## PROBLEM DESCRIPTION
Take from the data every line in which the word "with" is found.
=== THE RECORDS ===
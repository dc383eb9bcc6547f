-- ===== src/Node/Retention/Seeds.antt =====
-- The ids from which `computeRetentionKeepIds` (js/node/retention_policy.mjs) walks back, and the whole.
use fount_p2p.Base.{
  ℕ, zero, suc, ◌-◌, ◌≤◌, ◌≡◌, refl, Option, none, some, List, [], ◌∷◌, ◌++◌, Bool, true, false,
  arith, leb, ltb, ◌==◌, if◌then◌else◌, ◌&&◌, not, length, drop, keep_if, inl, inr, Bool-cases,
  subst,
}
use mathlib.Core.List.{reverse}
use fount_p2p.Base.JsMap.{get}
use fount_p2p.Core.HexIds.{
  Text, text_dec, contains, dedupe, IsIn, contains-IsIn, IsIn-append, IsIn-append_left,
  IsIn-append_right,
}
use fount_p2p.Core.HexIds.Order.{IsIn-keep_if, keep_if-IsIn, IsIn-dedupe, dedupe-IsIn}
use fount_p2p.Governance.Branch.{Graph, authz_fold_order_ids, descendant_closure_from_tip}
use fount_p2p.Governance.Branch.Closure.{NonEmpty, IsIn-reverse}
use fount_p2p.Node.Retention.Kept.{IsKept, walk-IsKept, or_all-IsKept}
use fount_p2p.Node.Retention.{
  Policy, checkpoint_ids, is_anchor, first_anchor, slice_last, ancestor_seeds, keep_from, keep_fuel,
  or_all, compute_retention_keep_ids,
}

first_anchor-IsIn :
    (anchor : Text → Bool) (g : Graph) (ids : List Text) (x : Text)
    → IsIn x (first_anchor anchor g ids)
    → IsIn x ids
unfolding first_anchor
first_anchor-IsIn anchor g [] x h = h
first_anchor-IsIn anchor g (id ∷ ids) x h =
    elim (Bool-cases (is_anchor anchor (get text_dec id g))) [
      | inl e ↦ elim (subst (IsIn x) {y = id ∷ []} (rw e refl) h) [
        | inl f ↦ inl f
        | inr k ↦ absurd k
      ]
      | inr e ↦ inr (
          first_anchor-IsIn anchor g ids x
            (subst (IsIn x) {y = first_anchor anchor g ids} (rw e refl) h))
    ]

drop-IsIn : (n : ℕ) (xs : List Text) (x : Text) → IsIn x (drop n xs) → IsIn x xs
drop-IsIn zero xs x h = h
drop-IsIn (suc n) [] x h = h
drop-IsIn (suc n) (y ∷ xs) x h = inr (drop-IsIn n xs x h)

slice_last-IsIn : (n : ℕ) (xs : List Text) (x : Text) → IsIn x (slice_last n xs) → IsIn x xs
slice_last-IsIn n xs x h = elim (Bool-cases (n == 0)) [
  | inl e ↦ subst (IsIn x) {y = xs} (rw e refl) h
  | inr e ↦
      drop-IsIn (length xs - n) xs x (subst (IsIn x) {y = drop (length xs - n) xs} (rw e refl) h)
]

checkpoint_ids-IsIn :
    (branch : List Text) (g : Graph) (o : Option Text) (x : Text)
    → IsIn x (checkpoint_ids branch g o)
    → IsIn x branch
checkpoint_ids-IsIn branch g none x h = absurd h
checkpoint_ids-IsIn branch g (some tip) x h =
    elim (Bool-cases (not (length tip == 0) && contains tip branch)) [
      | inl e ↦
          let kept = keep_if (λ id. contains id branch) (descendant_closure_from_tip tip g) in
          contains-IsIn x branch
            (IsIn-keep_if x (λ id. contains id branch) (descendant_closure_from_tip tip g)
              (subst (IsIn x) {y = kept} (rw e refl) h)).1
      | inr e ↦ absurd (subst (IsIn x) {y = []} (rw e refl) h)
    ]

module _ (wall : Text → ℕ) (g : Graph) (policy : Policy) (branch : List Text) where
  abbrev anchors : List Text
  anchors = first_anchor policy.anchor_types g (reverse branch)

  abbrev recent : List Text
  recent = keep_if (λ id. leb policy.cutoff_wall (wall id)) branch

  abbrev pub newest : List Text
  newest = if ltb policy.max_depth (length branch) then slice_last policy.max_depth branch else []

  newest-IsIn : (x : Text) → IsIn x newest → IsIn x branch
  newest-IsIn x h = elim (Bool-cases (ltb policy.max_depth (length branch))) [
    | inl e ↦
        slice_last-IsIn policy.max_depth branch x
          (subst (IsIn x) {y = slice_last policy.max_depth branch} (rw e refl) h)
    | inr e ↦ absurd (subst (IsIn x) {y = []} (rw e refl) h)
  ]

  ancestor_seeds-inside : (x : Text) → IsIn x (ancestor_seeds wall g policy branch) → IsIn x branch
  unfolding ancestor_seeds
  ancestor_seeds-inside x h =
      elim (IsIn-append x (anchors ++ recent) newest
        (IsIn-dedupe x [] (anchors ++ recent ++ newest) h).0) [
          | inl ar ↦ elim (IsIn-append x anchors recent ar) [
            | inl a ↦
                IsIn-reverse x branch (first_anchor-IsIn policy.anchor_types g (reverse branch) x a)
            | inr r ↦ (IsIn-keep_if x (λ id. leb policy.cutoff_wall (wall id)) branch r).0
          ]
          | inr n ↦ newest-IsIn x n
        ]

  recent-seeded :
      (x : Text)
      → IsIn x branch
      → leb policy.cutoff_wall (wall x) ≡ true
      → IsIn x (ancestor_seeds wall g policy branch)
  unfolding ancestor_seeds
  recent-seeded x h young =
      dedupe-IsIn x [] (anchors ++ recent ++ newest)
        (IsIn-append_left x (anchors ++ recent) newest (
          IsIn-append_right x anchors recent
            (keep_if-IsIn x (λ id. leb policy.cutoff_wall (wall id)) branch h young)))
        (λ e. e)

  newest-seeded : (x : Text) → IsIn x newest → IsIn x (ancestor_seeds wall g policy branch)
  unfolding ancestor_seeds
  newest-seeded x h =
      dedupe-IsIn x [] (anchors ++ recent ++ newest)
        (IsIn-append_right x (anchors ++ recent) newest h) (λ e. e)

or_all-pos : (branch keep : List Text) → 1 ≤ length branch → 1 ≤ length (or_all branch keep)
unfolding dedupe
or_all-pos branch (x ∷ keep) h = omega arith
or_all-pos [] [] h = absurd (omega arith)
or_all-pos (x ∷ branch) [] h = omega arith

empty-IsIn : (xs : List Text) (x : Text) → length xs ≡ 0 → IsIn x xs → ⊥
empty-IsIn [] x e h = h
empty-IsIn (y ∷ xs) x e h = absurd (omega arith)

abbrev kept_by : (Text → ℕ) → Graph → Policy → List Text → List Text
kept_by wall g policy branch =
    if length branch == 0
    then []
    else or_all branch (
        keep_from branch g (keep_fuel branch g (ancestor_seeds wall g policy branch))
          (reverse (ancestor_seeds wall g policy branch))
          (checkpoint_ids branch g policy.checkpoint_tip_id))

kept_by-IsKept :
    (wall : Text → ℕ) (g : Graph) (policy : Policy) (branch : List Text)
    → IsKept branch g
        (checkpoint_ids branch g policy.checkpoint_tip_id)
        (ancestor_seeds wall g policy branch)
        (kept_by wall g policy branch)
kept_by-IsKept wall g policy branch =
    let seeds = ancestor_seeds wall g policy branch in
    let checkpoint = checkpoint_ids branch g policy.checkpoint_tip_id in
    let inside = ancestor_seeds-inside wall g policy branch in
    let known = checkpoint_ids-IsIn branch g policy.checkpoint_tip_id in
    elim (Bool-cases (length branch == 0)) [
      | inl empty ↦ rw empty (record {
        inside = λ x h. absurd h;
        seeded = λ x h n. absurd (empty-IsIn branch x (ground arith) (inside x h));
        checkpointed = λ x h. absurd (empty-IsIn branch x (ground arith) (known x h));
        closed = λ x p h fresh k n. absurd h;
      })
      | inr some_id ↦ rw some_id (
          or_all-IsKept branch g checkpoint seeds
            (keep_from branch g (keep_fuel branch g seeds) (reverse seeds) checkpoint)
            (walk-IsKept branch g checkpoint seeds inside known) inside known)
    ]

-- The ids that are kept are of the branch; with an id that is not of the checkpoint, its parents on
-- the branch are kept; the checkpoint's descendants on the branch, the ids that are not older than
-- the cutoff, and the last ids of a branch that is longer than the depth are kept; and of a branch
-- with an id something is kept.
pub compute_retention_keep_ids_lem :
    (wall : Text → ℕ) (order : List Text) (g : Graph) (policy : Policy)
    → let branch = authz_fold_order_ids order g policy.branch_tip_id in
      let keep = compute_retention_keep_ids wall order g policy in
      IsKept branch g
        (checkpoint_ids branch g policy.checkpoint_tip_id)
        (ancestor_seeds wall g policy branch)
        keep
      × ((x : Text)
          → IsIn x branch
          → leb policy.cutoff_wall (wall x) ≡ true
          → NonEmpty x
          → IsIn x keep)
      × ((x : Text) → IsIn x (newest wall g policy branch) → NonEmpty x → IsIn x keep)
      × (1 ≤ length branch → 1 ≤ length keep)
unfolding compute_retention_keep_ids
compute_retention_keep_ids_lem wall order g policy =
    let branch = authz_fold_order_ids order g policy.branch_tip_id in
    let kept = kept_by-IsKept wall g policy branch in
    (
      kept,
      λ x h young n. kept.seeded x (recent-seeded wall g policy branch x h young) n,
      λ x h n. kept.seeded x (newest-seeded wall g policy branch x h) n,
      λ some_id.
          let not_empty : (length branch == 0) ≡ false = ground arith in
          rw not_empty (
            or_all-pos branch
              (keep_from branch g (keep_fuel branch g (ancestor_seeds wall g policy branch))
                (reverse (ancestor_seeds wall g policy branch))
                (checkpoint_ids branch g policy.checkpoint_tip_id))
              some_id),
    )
===
## OUTPUT FOR THIS TASK
-- The ids that are kept are of the branch; with an id that is not of the checkpoint, its parents on
-- with an id something is kept.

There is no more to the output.